**DATA SUPPLIED**
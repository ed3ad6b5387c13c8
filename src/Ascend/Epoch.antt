-- ===== src/Ascend/Epoch.antt =====
-- The life of a process that uses src/native/ascend/runtime_.h: its calls, and the initialization of
-- ACL that they share.
use infini_rt.Base.{
  ℕ, ◌+◌, ◌≤◌, ◌≡◌, ◌≢◌, refl, ap, ◌∙◌, ==_ne, Bool, true, false, List, [], ◌∷◌, Option, none, some,
  arith, Option-cases, inl, inr,
}
use infini_rt.Ascend.{
  Acl, Process, ensure_initialized, set_device, get_device_count, load_api, graph_api,
  stream_begin_capture, stream_end_capture, graph_destroy, graph_instantiate, graph_exec_destroy,
  graph_launch, ensure_from,
}

pub data Call : Type 0 where
  selects counts destroys instantiates destroys_exec : ℕ → Call
  begins ends launches : ℕ → ℕ → Call

module _ {W : Type 0} (acl : Acl W) where
  unfoldable pub step : Call → Process W → Process W
  step (selects device) p = (set_device acl device p).1
  step (counts count) p = (get_device_count acl count p).2
  step (destroys graph) p = (graph_destroy acl graph p).1
  step (instantiates graph) p = (graph_instantiate acl graph p).2
  step (destroys_exec graph_exec) p = (graph_exec_destroy acl graph_exec p).1
  step (begins stream mode) p = (stream_begin_capture acl stream mode p).1
  step (ends stream graph) p = (stream_end_capture acl stream graph p).2
  step (launches graph_exec stream) p = (graph_launch acl graph_exec stream p).1

  unfoldable pub run : List Call → Process W → Process W
  run [] p = p
  run (call ∷ calls) p = run calls (step call p)

-- `inits w` counts the calls of `aclInit` so far, which no other call of the libraries changes.
pub record CountsInits {W : Type 0} (acl : Acl W) : Type 0 where
  pub inits : W → ℕ
  pub inits-init : (w : W) → inits (acl.init w).1 ≡ inits w + 1
  pub inits-set_device : (i : ℕ) (w : W) → inits (acl.set_device i w).1 ≡ inits w
  pub inits-count : (n : ℕ) (w : W) → inits (acl.get_device_count n w).2 ≡ inits w
  pub inits-dlopen : (noload : Bool) (w : W) → inits (acl.dlopen noload w).1 ≡ inits w
  pub inits-begin : (f s m : ℕ) (w : W) → inits (acl.capture_begin f s m w).1 ≡ inits w
  pub inits-info : (f s : ℕ) (w : W) → inits (acl.capture_get_info f s w).1 ≡ inits w
  pub inits-end : (f s : ℕ) (w : W) → inits (acl.capture_end f s w).2 ≡ inits w
  pub inits-execute : (f g s : ℕ) (w : W) → inits (acl.execute_async f g s w).1 ≡ inits w
  pub inits-destroy : (f g : ℕ) (w : W) → inits (acl.destroy f g w).1 ≡ inits w

abbrev to_come : Option ℕ → ℕ
to_come none = 1
to_come (some status) = 0

module _ {W : Type 0} (acl : Acl W) where
  graph_api-initialized : (p : Process W) → (graph_api acl p).1.initialized ≡ p.initialized
  unfolding graph_api
  graph_api-initialized p = elim (Option-cases p.graph_api) [
    | inl e ↦ rw e refl
    | inr (a, e) ↦ rw e refl
  ]

  ensure-some : (p : Process W) (s : ℕ) → p.initialized ≡ some s → ensure_initialized acl p ≡ (s, p)
  unfolding ensure_initialized
  ensure-some p s h = ap (λ o. ensure_from acl o p) h

  step-initialized :
      (call : Call) (p : Process W) (s : ℕ)
      → p.initialized ≡ some s
      → (step acl call p).initialized ≡ some s
  unfolding step set_device get_device_count stream_begin_capture stream_end_capture graph_destroy
      graph_launch
  step-initialized (selects device) p s h = ground (arith, ensure-some p s h, h)
  step-initialized (counts count) p s h = ground (arith, ensure-some p s h, h)
  step-initialized (destroys graph) p s h = ground (arith, graph_api-initialized p, h)
  step-initialized (instantiates graph) p s h = h
  step-initialized (destroys_exec graph_exec) p s h = h
  step-initialized (begins stream mode) p s h = ground (arith, graph_api-initialized p, h)
  step-initialized (ends stream graph) p s h = ground (arith, graph_api-initialized p, h)
  step-initialized (launches graph_exec stream) p s h = ground (arith, graph_api-initialized p, h)

  run-initialized :
      (calls : List Call) (p : Process W) (s : ℕ)
      → p.initialized ≡ some s
      → (run acl calls p).initialized ≡ some s
  unfolding run
  run-initialized [] p s h = h
  run-initialized (call ∷ calls) p s h =
      run-initialized calls (step acl call p) s (step-initialized call p s h)

  -- Once the initialization has failed, every later device call gives its status and calls
  -- nothing: the process and the out parameter stay as they are, whatever calls lie between.
  pub failed_init :
      (calls : List Call) (p : Process W) (s device count : ℕ)
      → p.initialized ≡ some s
      → s ≢ 0
      → (set_device acl device (run acl calls p) ≡ (s, run acl calls p))
        × (get_device_count acl count (run acl calls p) ≡ (s, count, run acl calls p))
  unfolding set_device get_device_count
  failed_init calls p s device count h bad =
      let e = ensure-some (run acl calls p) s (run-initialized calls p s h) in
      (rw (e, ==_ne s 0 bad) refl, rw (e, ==_ne s 0 bad) refl)

module _ {W : Type 0} (acl : Acl W) (c : CountsInits acl) where
  load_api-inits : (w : W) → c.inits (load_api acl w).1 ≡ c.inits w
  unfolding load_api
  load_api-inits w =
      ground (arith, c.inits-dlopen true w, c.inits-dlopen false (acl.dlopen true w).1)

  graph_api-inits :
      (p : Process W)
      → (c.inits (graph_api acl p).1.world ≡ c.inits p.world)
        × ((graph_api acl p).1.initialized ≡ p.initialized)
  unfolding graph_api
  graph_api-inits p = elim (Option-cases p.graph_api) [
    | inl e ↦ rw e (load_api-inits p.world, refl)
    | inr (a, e) ↦ rw e (refl, refl)
  ]

  ensure-inits :
      (p : Process W)
      → (s : ℕ) × ((ensure_initialized acl p).1.initialized ≡ some s)
        × (c.inits (ensure_initialized acl p).1.world + 0 ≡ c.inits p.world + to_come p.initialized)
  unfolding ensure_initialized
  ensure-inits p = elim (Option-cases p.initialized) [
    | inl e ↦ rw e (_, refl, ground (arith, c.inits-init p.world))
    | inr (a, e) ↦ rw e (_, refl, refl)
  ]

  step-inits :
      (call : Call) (p : Process W)
      → c.inits (step acl call p).world + to_come (step acl call p).initialized
        ≡ c.inits p.world + to_come p.initialized
  unfolding step set_device get_device_count stream_begin_capture stream_end_capture graph_destroy
      graph_launch
  step-inits (selects device) p =
      ground (arith, ensure-inits p, c.inits-set_device device (ensure_initialized acl p).1.world)
  step-inits (counts count) p =
      ground (arith, ensure-inits p, c.inits-count 0 (ensure_initialized acl p).1.world)
  step-inits (destroys graph) p = ground (
    arith,
    graph_api-inits p,
    c.inits-destroy (graph_api acl p).0.destroy graph (graph_api acl p).1.world,
  )
  step-inits (instantiates graph) p = refl
  step-inits (destroys_exec graph_exec) p = refl
  step-inits (begins stream mode) p = ground (
    arith,
    graph_api-inits p,
    c.inits-begin (graph_api acl p).0.capture_begin stream mode (graph_api acl p).1.world,
  )
  step-inits (ends stream graph) p = ground (
    arith,
    graph_api-inits p,
    c.inits-info (graph_api acl p).0.capture_get_info stream (graph_api acl p).1.world,
    c.inits-end (graph_api acl p).0.capture_end stream
        (acl.capture_get_info (graph_api acl p).0.capture_get_info stream
          (graph_api acl p).1.world).1,
  )
  step-inits (launches graph_exec stream) p = ground (
    arith,
    graph_api-inits p,
    c.inits-execute (graph_api acl p).0.execute_async graph_exec stream (graph_api acl p).1.world,
  )

  run-inits :
      (calls : List Call) (p : Process W)
      → c.inits (run acl calls p).world + to_come (run acl calls p).initialized
        ≡ c.inits p.world + to_come p.initialized
  unfolding run
  run-inits [] p = refl
  run-inits (call ∷ calls) p = run-inits calls (step acl call p) ∙ step-inits call p

  -- In a process, whatever sequence of device selections, device counts and graph calls it makes,
  -- ACL is initialized at most once, and never again once a status is stored.
  pub init_once :
      (calls : List Call) (p : Process W)
      → (c.inits (run acl calls p).world ≤ c.inits p.world + 1)
        × ((s : ℕ) → p.initialized ≡ some s → c.inits (run acl calls p).world ≡ c.inits p.world)
  init_once calls p = (
    ground (arith, run-inits calls p),
    λ s h. ground (arith, run-inits calls p, run-initialized acl calls p s h),
  )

**INSTRUCTIONS FOR THE TASK**
Begin with the line that contains "(acl.capture_get_info (graph_api acl". Repeat it and every line after it through the end of the listing, exactly, and print nothing more.

**SOLUTION BELOW**
        (acl.capture_get_info (graph_api acl p).0.capture_get_info stream
          (graph_api acl p).1.world).1,
  )
  step-inits (launches graph_exec stream) p = ground (
    arith,
    graph_api-inits p,
    c.inits-execute (graph_api acl p).0.execute_async graph_exec stream (graph_api acl p).1.world,
  )

  run-inits :
      (calls : List Call) (p : Process W)
      → c.inits (run acl calls p).world + to_come (run acl calls p).initialized
        ≡ c.inits p.world + to_come p.initialized
  unfolding run
  run-inits [] p = refl
  run-inits (call ∷ calls) p = run-inits calls (step acl call p) ∙ step-inits call p

  -- In a process, whatever sequence of device selections, device counts and graph calls it makes,
  -- ACL is initialized at most once, and never again once a status is stored.
  pub init_once :
      (calls : List Call) (p : Process W)
      → (c.inits (run acl calls p).world ≤ c.inits p.world + 1)
        × ((s : ℕ) → p.initialized ≡ some s → c.inits (run acl calls p).world ≡ c.inits p.world)
  init_once calls p = (
    ground (arith, run-inits calls p),
    λ s h. ground (arith, run-inits calls p, run-initialized acl calls p s h),
  )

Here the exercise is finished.